Update on three "poverty" companies

Credit Corp Group (ASX:CCP)
The AGM came and went. I was expecting a profit upgrade, but it didn't eventuate. However the guidance for PDL purchases in FY13 was upgraded to $70m - $90m (previously $50m - $70m). While conditions are tough with PDL prices at elevated levels, the collections run rate for the the first 4 months of the financial year is at record levels. And the US debt collection business and consumer lending business are due to contribute earnings in FY14. Though still one of my largest holdings, I've since sold a portion hoping to get back in at a lower price - an opportunity that perhaps already came and went...

After the market close on Friday, a time traditionally for bad news, the company again updated FY13 PDL purchasing by $35m to the range of $105m - $130m as well as a once-off $2m NPAT increase. Again upside surprise and along with the impeding profitability of the US and consumer operations, FY14-15 are now looking increasingly strong. You can do much worse than buying stock in a company with good ROE, minimal debt, highly cashflow positive and with a history of upside surprise.

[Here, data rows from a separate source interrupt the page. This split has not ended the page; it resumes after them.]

-- ===== src/Client/Repeats.antt =====
-- The client of client-rest/examples/rest.rs: it reports ADS-B packets, some of them again, and prints
-- whether each answer is the one that it expects. What it prints is its result here. The part after the
-- wait of ten seconds is left out.
pub mod Counts
pub mod Answers
pub mod Tests
use svc_telemetry.Base.{
  ◌+◌, ℕ, zero, suc, Bool, true, false, List, [], ◌∷◌, Option, none, some, Result, ok, err, ◌==◌,
  if◌then◌else◌,
}
use svc_telemetry.Base.Int.{ℤ, pos, negsuc}
use svc_telemetry.World.{Bytes, Io, ◌>>=◌, return, lift}
use svc_telemetry.Rest.Server.{post, Reply, HttpRequest, Site, adsb_path}
use svc_telemetry.Client.{Library, request, ok_body}

pub data Evaluation : Type 0 where
  no_answer unexpected_code unexpected_count as_expected : Evaluation

-- `reported_count == expected_count`
abbrev pub equal_counts : ℤ → ℤ → Bool
equal_counts (pos m) (pos n) = m == n
equal_counts (negsuc m) (negsuc n) = m == n
equal_counts _ _ = false

abbrev pub payload_of : ℕ → Bytes
payload_of count =
    0x8d ∷ 0x48 ∷ 0x40 ∷ count ∷ 0x20 ∷ 0x2c ∷ 0xc3 ∷ 0x71 ∷ 0xc3 ∷ 0x2c ∷ 0xe0 ∷ 0x57 ∷ 0x60 ∷ 0x98
    ∷ []

abbrev pub report_request : Bytes → HttpRequest
report_request payload = record {
  method = post;
  path = adsb_path;
  credentials = record { token_cookie = none; authorization = none };
  body = payload;
}

-- `from_slice` reads an i64 from JSON text. The expected code is always 200; a body of another form makes
-- the client panic.
module _ (lib : Library) (from_slice : Bytes → Option ℤ) where
  evaluate : Option Reply → ℤ → Result (Unit {0}) Evaluation
  unfolding ok_body
  evaluate none expected_count = ok no_answer
  evaluate (some r) expected_count = elim (ok_body lib r) [
    | none ↦ ok unexpected_code
    | some bytes ↦ elim (from_slice bytes) [
      | none ↦ err tt
      | some reported_count ↦
          ok (if equal_counts reported_count expected_count then as_expected else unexpected_count)
    ]
  ]

  module _ (site : Site) where
    report_packet : ℕ → Bytes → ℤ → Io (Unit {0}) Evaluation
    unfolding request evaluate
    report_packet number payload expected_count = do
      resp ← request lib site number (report_request payload)
      lift (evaluate resp expected_count)

    -- `for count in 0..=max`: so many packets, from `count` on.
    nominal : ℕ → ℕ → Io (Unit {0}) (List Evaluation)
    unfolding report_packet
    nominal zero count = return []
    nominal (suc n) count = do
      e ← report_packet count (payload_of count) (pos 1)
      es ← nominal n (suc count)
      return (e ∷ es)

    -- `for expected_count in 2..=6`, after five requests.
    repeated : ℕ → Bytes → ℕ → Io (Unit {0}) (List Evaluation)
    unfolding report_packet
    repeated zero payload expected_count = return []
    repeated (suc n) payload expected_count = do
      e ← report_packet (3 + expected_count) payload (pos expected_count)
      es ← repeated n payload (suc expected_count)
      return (e ∷ es)

    unfoldable pub adsb : Io (Unit {0}) (List Evaluation × List Evaluation)
    unfolding nominal repeated
    adsb = do first ← nominal 5 0; again ← repeated 5 (payload_of 4) 2; return (first, again)
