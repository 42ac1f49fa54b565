-- ===== src/Rest/Server/Reports.antt =====
-- The service as a counter of reports: an abstract view of server/src/rest/server.rs and the two
-- telemetry endpoints, without Redis, RabbitMQ and the parsers' output.
use svc_telemetry.Base.{
  ℕ, suc, ◌+◌, ◌≤◌, Bool, true, false, ◌&&◌, List, [], ◌∷◌, Option, none, some, Result, ok, err,
  length, ◌==◌, same, if◌then◌else◌,
}
use svc_telemetry.World.{Bytes, History}
use svc_telemetry.Cache.{bytes_to_key}
use svc_telemetry.Cache.Pool.{TelemetryPool}
use svc_telemetry.Cache.Pool.Counting.{incrs, stored_key}
use svc_telemetry.Msg.Netrid.{Frame}
use svc_telemetry.Rest.Status.{StatusCode}
use svc_telemetry.Rest.Jwt.{auth}
use svc_telemetry.Rest.Netrid.{is_basic}
use svc_telemetry.Rest.Server.{
  Endpoint, network_remote_id, adsb, Layer, auth as auth_layer, HttpRequest, Reply, counted, status,
  Site, service_pools,
}
use svc_telemetry.Rest.Server.Routes.{table}

pub data Kind : Type 0 where
  netrid_kind adsb_kind : Kind

abbrev pub same_kind : Kind → Kind → Bool
same_kind netrid_kind netrid_kind = true
same_kind adsb_kind adsb_kind = true
same_kind _ _ = false

-- A report is a packet with the endpoint that accepts it.
pub record Report : Type 0 where
  pub kind : Kind
  pub payload : Bytes

abbrev pub same_report : Report → Report → Bool
same_report r s = same_kind r.kind s.kind && same r.payload s.payload

-- The state of the counter: how often each packet was reported.
abbrev pub Counts : Type 0
Counts = Report → ℕ

abbrev pub next : Option Report → Counts → Counts
next none c r = c r
next (some s) c r = (if same_report r s then 1 else 0) + c r

-- The replies to a packet that was reported `n` times before: only the first report may fail.
pub data Answered : ℕ → Reply → Type 0 where
  first : Answered 0 (counted 1)
  failed : (s : StatusCode) → Answered 0 (status s)
  again : (n : ℕ) → Answered (suc n) (counted (suc (suc n)))

-- A request that is no report is not answered with a count above 1.
abbrev pub count_of : Reply → ℕ
count_of (counted n) = n
count_of _ = 0

abbrev pub Answers : Option Report → Counts → Reply → Type 0
Answers none c r = count_of r ≤ 1
Answers (some s) c r = Answered (c s) r

-- The view of a history.
abbrev pub pool_of : Kind → TelemetryPool
pool_of netrid_kind = service_pools.netrid
pool_of adsb_kind = service_pools.adsb

abbrev pub report_key : Report → Bytes
report_key r = stored_key (pool_of r.kind) (bytes_to_key r.payload)

abbrev pub counts : History → Counts
counts h r = incrs (report_key r) h

-- A Network Remote ID packet is a report unless it holds a basic message.
abbrev pub framed : Bytes → Option Frame → Option Report
framed payload none = none
framed payload (some f) =
    if is_basic f.header.message_type
    then none
    else some (record { kind = netrid_kind; payload = payload })

abbrev pub let_in : {E A : Type 0} → Result E A → Option Report → Option Report
let_in (ok a) r = r
let_in (err e) r = none

module _ (site : Site) where
  open site use {jwt, unpack, to_str, secret, now}

  abbrev pub report_at : Option (List Layer × Endpoint) → HttpRequest → History → Option Report
  report_at (some ([], adsb)) req h =
      if length req.body == 14 then some (record { kind = adsb_kind; payload = req.body }) else none
  report_at (some (auth_layer ∷ [], network_remote_id)) req h =
      let_in (auth to_str jwt secret (now h 0) req.credentials (λ c. c))
        (if length req.body == 25 then framed req.body (unpack.frame req.body) else none)
  report_at _ req h = none

  -- The packet that a request reports.
  abbrev pub report : HttpRequest → History → Option Report
  report req h = report_at (table req.method req.path) req h
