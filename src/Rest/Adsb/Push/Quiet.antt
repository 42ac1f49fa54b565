-- ===== src/Rest/Adsb/Push/Quiet.antt =====
-- The pushes of an ADS-B message leave a measure of the history as it is, if it gives their commands no
-- weight: server/src/rest/api/adsb.rs.
use svc_telemetry.Base.{ℕ, refl}
use svc_telemetry.World.{Bytes, Event, return}
use svc_telemetry.World.Tally.{quiet_rules, IsQuiet, lift-IsQuiet}
use svc_telemetry.Cache.{TelemetryPools}
use svc_telemetry.Cache.Pool.{TelemetryPool}
use svc_telemetry.Cache.Pool.Quiet.{
  IsIdle, push-IsQuiet, multiple_set-IsQuiet, multiple_get-IsQuiet,
}
use svc_telemetry.Msg.Adsb.{Libm}
use svc_telemetry.Msg.Netrid.Clock.{Chrono}
use svc_telemetry.Rest.Service.{Service}
use svc_telemetry.Rest.Adsb.Push.{
  AdsbDeku, TypeCoding, CprFormat, even, odd, GisPositionData, GisVelocityData, now,
  gis_identifier_push, gis_position_push, push_even_position, gis_velocity_push, set_cpr,
}

module _ (ch : Chrono) (sv : Service ch) (lib : Libm) (deku : AdsbDeku) (weigh : Event → ℕ)
    (idle : IsIdle sv.backends weigh) where
  now-IsQuiet : (E : Type 0) (k : ℕ) → IsQuiet weigh (now ch sv lib deku {E = E} k)
  unfolding IsQuiet now
  now-IsQuiet E k h = refl

  pub gis_identifier_push-IsQuiet :
      (identifier : Bytes) (tc : TypeCoding) (category : ℕ)
      → IsQuiet weigh (gis_identifier_push ch sv lib deku identifier tc category)
  unfolding gis_identifier_push
  gis_identifier_push-IsQuiet identifier tc category =
      search (quiet_rules, now-IsQuiet, push-IsQuiet sv.backends weigh idle)

  push_even_position-IsQuiet :
      (pool : TelemetryPool) (p : GisPositionData)
      → IsQuiet weigh (push_even_position ch sv lib deku pool p)
  unfolding push_even_position
  push_even_position-IsQuiet pool p = search (
    quiet_rules,
    now-IsQuiet,
    push-IsQuiet sv.backends weigh idle,
    multiple_get-IsQuiet sv.backends weigh idle,
  )

  pub gis_position_push-IsQuiet :
      (pool : TelemetryPool) (p : GisPositionData)
      → IsQuiet weigh (gis_position_push ch sv lib deku pool p)
  unfolding gis_position_push
  gis_position_push-IsQuiet pool p =
      elim p.odd_flag
        as (λ f.
          IsQuiet weigh
            (elim f [ odd ↦ return tt | even ↦ push_even_position ch sv lib deku pool p ])) [
              | odd ↦ lift-IsQuiet weigh _
              | even ↦ push_even_position-IsQuiet pool p
            ]

  pub gis_velocity_push-IsQuiet :
      (v : GisVelocityData) → IsQuiet weigh (gis_velocity_push ch sv lib deku v)
  unfolding gis_velocity_push
  gis_velocity_push-IsQuiet v =
      search (quiet_rules, now-IsQuiet, push-IsQuiet sv.backends weigh idle)

  pub set_cpr-IsQuiet :
      (pools : TelemetryPools) (icao : ℕ) (f : CprFormat) (lat lon : ℕ)
      → IsQuiet weigh (set_cpr ch sv lib deku pools icao f lat lon)
  unfolding set_cpr
  set_cpr-IsQuiet pools icao f lat lon = search (multiple_set-IsQuiet sv.backends weigh idle)
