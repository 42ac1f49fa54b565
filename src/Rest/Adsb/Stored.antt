-- ===== src/Rest/Adsb/Stored.antt =====
-- What the ADS-B endpoint has done when it answers 200: server/src/rest/api/adsb.rs.
use svc_telemetry.Base.{
  ℕ, zero, suc, ◌≡◌, refl, sym, ◌∙◌, ◌≤◌, ◌⊎◌, inl, inr, arith, Bool-cases, ◌∷◌, Option-cases, some,
  ok, length, ◌==◌,
}
use svc_telemetry.World.{Bytes, History, insert, publish, ◌>>=◌, or_err}
use svc_telemetry.World.Effects.{bind-eq-ok, or_err-eq-ok}
use svc_telemetry.Amqp.{exchange_name_telemetry, routing_key_adsb}
use svc_telemetry.Cache.{TelemetryPools, bytes_to_key}
use svc_telemetry.Cache.Pool.{increment}
use svc_telemetry.Msg.Adsb.{Libm, get_adsb_icao_address, get_adsb_message_type}
use svc_telemetry.Msg.Netrid.Clock.{Chrono}
use svc_telemetry.Rest.Status.{internal_server_error}
use svc_telemetry.Rest.Service.{Service}
use svc_telemetry.Rest.Adsb.Push.{AdsbDeku, Me, Packet, adsb_format, not_adsb}
use svc_telemetry.Rest.Adsb.{
  store_packet, process_me, process_frame, process_packet, on_count, adsb, cache_expire_ms_adsb,
}

module _ (ch : Chrono) (sv : Service ch) (lib : Libm) (deku : AdsbDeku) where
  pub unpacked :
      (pools : TelemetryPools) (payload : Bytes) (h : History)
      → length payload ≡ 14
      → adsb ch sv lib deku pools payload h
        ≡ (or_err
                (increment sv.backends pools.adsb (bytes_to_key payload) cache_expire_ms_adsb)
                internal_server_error
              >>= λ n. on_count ch sv lib deku n (process_packet ch sv lib deku pools payload n))
            h
  unfolding adsb
  unpacked pools payload h len = rw len refl

  length_lem :
      (pools : TelemetryPools) (payload : Bytes) (n : ℕ) (h h' : History)
      → adsb ch sv lib deku pools payload h ≡ (ok n, h')
      → length payload ≡ 14
  unfolding adsb
  length_lem pools payload n h h' e = elim (Bool-cases (length payload == 14)) [
    | inl q ↦ ground arith
    | inr q ↦ cc (rw q at e)
  ]

  store_packet-eq-ok :
      (icao : ℕ) (payload : Bytes) (count n : ℕ) (h h' : History)
      → store_packet ch sv lib deku icao payload count h ≡ (ok n, h')
      → h'
        ≡ insert icao (get_adsb_message_type payload) payload
          ∷ publish exchange_name_telemetry routing_key_adsb payload
          ∷ h
  unfolding store_packet
  store_packet-eq-ok icao payload count n h h' e = ground arith

  -- Between the histories `h` and `h'` a packet was parsed, its message was processed, it was published
  -- and svc-storage was sent its record.
  abbrev pub IsStored : TelemetryPools → Bytes → History → History → Type 0
  IsStored pools payload h h' =
      (address : Bytes) × (me : Me) × (h1 : History) × (deku.from_bytes payload
        ≡ some (adsb_format address me))
      × (process_me ch sv lib deku pools (get_adsb_icao_address address) me h ≡ (ok tt, h1))
      × (h'
          ≡ insert (get_adsb_icao_address address) (get_adsb_message_type payload) payload
            ∷ publish exchange_name_telemetry routing_key_adsb payload
            ∷ h1)

  process_frame-eq-ok :
      (pools : TelemetryPools) (payload : Bytes) (count n : ℕ) (p : Packet) (h h' : History)
      → deku.from_bytes payload ≡ some p
      → process_frame ch sv lib deku pools payload count p h ≡ (ok n, h')
      → IsStored pools payload h h'
  unfolding process_frame
  process_frame-eq-ok pools payload count n not_adsb h h' q e = cc e
  process_frame-eq-ok pools payload count n (adsb_format address me) h h' q e =
      let icao = get_adsb_icao_address address in
      let (u, h1, r, w) =
        bind-eq-ok (process_me ch sv lib deku pools icao me)
          (λ u. store_packet ch sv lib deku icao payload count) n h h' e in
      (address, me, h1, q, r, store_packet-eq-ok icao payload count n h1 h' w)

  process_packet-eq-ok :
      (pools : TelemetryPools) (payload : Bytes) (count n : ℕ) (h h' : History)
      → process_packet ch sv lib deku pools payload count h ≡ (ok n, h')
      → IsStored pools payload h h'
  unfolding process_packet
  process_packet-eq-ok pools payload count n h h' e =
      elim (Option-cases (deku.from_bytes payload)) [
        | inl q ↦ cc (rw q at e)
        | inr (p, q) ↦ process_frame-eq-ok pools payload count n p h h' q (rw q at e)
      ]

  on_count-eq-ok :
      (pools : TelemetryPools) (payload : Bytes) (count n : ℕ) (h h' : History)
      → on_count ch sv lib deku count (process_packet ch sv lib deku pools payload count) h
        ≡ (ok n, h')
      → ((2 ≤ count) × (n ≡ count) × (h' ≡ h)) ⊎ ((count ≡ 1) × IsStored pools payload h h')
  unfolding on_count
  on_count-eq-ok pools payload zero n h h' e = cc e
  on_count-eq-ok pools payload (suc zero) n h h' e =
      inr (refl, process_packet-eq-ok pools payload 1 n h h' e)
  on_count-eq-ok pools payload (suc (suc c)) n h h' e =
      inl (omega arith, ground arith, ground arith)

  -- A packet that is answered with success has 14 bytes and was counted. If the count is more than 1
  -- nothing else was done; if it is 1 the packet was parsed, its message was processed with success,
  -- and then it was published on RabbitMQ and its record was sent to svc-storage.
  pub adsb-eq-ok :
      (pools : TelemetryPools) (payload : Bytes) (n : ℕ) (h h' : History)
      → adsb ch sv lib deku pools payload h ≡ (ok n, h')
      → (length payload ≡ 14)
        × (count : ℕ) × (h1 : History) × (increment sv.backends pools.adsb
              (bytes_to_key payload)
              cache_expire_ms_adsb
              h
            ≡ (ok count, h1))
        × (((2 ≤ count) × (n ≡ count) × (h' ≡ h1)) ⊎ ((count ≡ 1) × IsStored pools payload h1 h'))
  adsb-eq-ok pools payload n h h' e =
      let len = length_lem pools payload n h h' e in
      let count_it = increment sv.backends pools.adsb (bytes_to_key payload) cache_expire_ms_adsb in
      let (count, h1, p, q) =
        bind-eq-ok (or_err count_it internal_server_error)
          (λ n. on_count ch sv lib deku n (process_packet ch sv lib deku pools payload n)) n h h'
          (sym (unpacked pools payload h len) ∙ e) in
      (
        len,
        count,
        h1,
        or_err-eq-ok count_it internal_server_error count h h1 p,
        on_count-eq-ok pools payload count n h1 h' q,
      )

CCP is current trading at $8.10.

Cash Converters Limited (ASX:CCV)

The 20/4 payday loan bill has passed and will take affect in July 2013. The company states that this will have minimal profit impact and "more than offset by volume growth". With this large distraction behind them, management can continue focusing on growing the company.

The company is establishing new corporate stores and expanding the personal loans business with haste. The growth in the UK and margin improvements have happening so quickly that it may have taken some by surprise. Outlook looks strong. With the recent capital raising at 85c, the kitty is flush with funds for continued expansion.

CCV is current trading at $1.125.

Thorn Group (ASX:TGA)
Half yearly report was out late November for the 6 months ending 30th September. All divisions growing well but a once off GST expense pushed NPAT down slightly past a flat result.

The rental business has reached maturity and will be stagnant into the foreseeable future. Furniture is growing strongly but is largely offset by the falls in computing and TVs. NCML (debt collections), was a bad acquisition no matter how you look at it, and one feels management would just be happy managing profitability going forward. Cashfirst (personal loans) and especially Thorn Equipment Finance (TEF) are drivers for the future and growing rapidly. As stated a few times in the half yearly presentation, its transformation into a financial services company will see management taking on more balance sheet leverage.

Thorn Group is now reasonably priced. As I see Credit Corp and Cash Converters to be better plays, I've since sold my holding in TGA.

TGA is currently trading at $1.99 - went ex-div on Thursday just past.

Disclosure: At the time of publishing, I own shares in CCP and CCV.